■ Listed records
-- ===== src/Metrics/Sampled.antt =====
-- The sampler of MetricsSampler.cpp over the collector: each `Sample` calls `Collect`.
use edge_scpoe.Base.{◌≡◌, subst, sym, List, [], ◌∷◌, Option, null, false}
use edge_scpoe.Base.Floats.{Floats}
use edge_scpoe.Base.Results.{Result, ok, err, Ensures}
use edge_scpoe.Text.{Bytes}
use edge_scpoe.Metrics.{SystemMetrics, empty_metrics}
use edge_scpoe.Metrics.Cpu.{CpuTimes}
use edge_scpoe.Metrics.Collect.{Files, collect, new_collector}
use edge_scpoe.Metrics.Valid.{IsValid, Explains, collect-IsValid, collect-Explains}
use edge_scpoe.Sampler.{Collected, collected, failed, initial, sample, get_latest}
use edge_scpoe.Sampler.Latest.{Step, sampled, run, last_sample, HasText, HaveTexts, get_latest-run}

unfoldable pub as_collected {ℓ} : {A : Type ℓ} → Result Bytes A → Collected A
as_collected (ok metrics) = collected metrics
as_collected (err message) = failed message

module _ {D : Type 0} (floats : Floats D) (read_double : Bytes → Option (D × Bytes)) where
  -- The steps of the thread, each with the files as it finds them; the collector keeps the times.
  unfoldable pub samples : List Files → Option CpuTimes → List (Step (SystemMetrics D))
  unfolding collect as_collected
  samples [] previous = []
  samples (files ∷ rest) previous =
      let outcome = collect floats read_double files previous in
      sampled (as_collected (outcome.0)) ∷ samples rest (outcome.1)

  -- The latest reading of a sampler whose collector is made when /proc/stat is `stat`, whose
  -- constructor samples `first`, and whose thread samples `later`.
  unfoldable pub latest_of : Option Bytes → Files → List Files → Collected (SystemMetrics D)
  unfolding new_collector collect as_collected samples get_latest run sample
  latest_of stat first later =
      let outcome = collect floats read_double first (new_collector stat) in
      let zeros = empty_metrics (floats.of_nat 0) in
      (get_latest (
        run (sample (as_collected (outcome.0)) (initial zeros)) (samples later (outcome.1)))).result

  -- Valid metrics, or a failure with a text.
  abbrev pub Shows : Collected (SystemMetrics D) → Type 0
  Shows (collected m) = IsValid floats read_double m
  Shows (failed e) = null e ≡ false

  outcome-Shows :
      (r : Result Bytes (SystemMetrics D))
      → Ensures (IsValid floats read_double) r
      → Explains floats read_double r
      → Shows (as_collected r)
  unfolding as_collected
  outcome-Shows (ok m) v e = v
  outcome-Shows (err t) v e = e

  Shows-HasText : (c : Collected (SystemMetrics D)) → Shows c → HasText c
  Shows-HasText (collected m) h = tt
  Shows-HasText (failed e) h = h

  collect-Shows :
      (files : Files) (previous : Option CpuTimes)
      → Shows (as_collected ((collect floats read_double files previous).0))
  collect-Shows files previous =
      outcome-Shows _ (collect-IsValid floats read_double files previous)
        (collect-Explains floats read_double files previous)

  samples-HaveTexts :
      (later : List Files) (previous : Option CpuTimes) → HaveTexts (samples later previous)
  unfolding samples
  samples-HaveTexts [] previous = tt
  samples-HaveTexts (files ∷ rest) previous = (
    Shows-HasText _ (collect-Shows files previous),
    samples-HaveTexts rest ((collect floats read_double files previous).1),
  )

  last-Shows :
      (later : List Files) (previous : Option CpuTimes) (c : Collected (SystemMetrics D))
      → Shows c
      → Shows (last_sample c (samples later previous))
  unfolding samples
  last-Shows [] previous c h = h
  last-Shows (files ∷ rest) previous c h =
      last-Shows rest ((collect floats read_double files previous).1) _
        (collect-Shows files previous)

  -- The sampler over the collector, however the files of /proc change from sample to sample:
  -- `GetLatest` gives valid metrics, or fails with a text.
  pub latest_of-Shows :
      (stat : Option Bytes) (first : Files) (later : List Files)
      → Shows (latest_of stat first later)
  unfolding latest_of
  latest_of-Shows stat first later =
      let outcome = collect floats read_double first (new_collector stat) in
      let c = as_collected (outcome.0) in
      let shown = collect-Shows first (new_collector stat) in
      let zeros = empty_metrics (floats.of_nat 0) in
      let xs = samples later (outcome.1) in
      let e =
        get_latest-run zeros c xs (Shows-HasText c shown) (samples-HaveTexts later (outcome.1)) in
      subst Shows (sym e) (last-Shows later (outcome.1) c shown)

■ To do
Repeat, word for word, the lines above between the line holding "Shows-HasText (failed e) h = h" and the line holding "Shows-HasText _ (collect-Shows", inclusive; omit everything else.

■ Your response
  Shows-HasText (failed e) h = h

  collect-Shows :
      (files : Files) (previous : Option CpuTimes)
      → Shows (as_collected ((collect floats read_double files previous).0))
  collect-Shows files previous =
      outcome-Shows _ (collect-IsValid floats read_double files previous)
        (collect-Explains floats read_double files previous)

  samples-HaveTexts :
      (later : List Files) (previous : Option CpuTimes) → HaveTexts (samples later previous)
  unfolding samples
  samples-HaveTexts [] previous = tt
  samples-HaveTexts (files ∷ rest) previous = (
    Shows-HasText _ (collect-Shows files previous),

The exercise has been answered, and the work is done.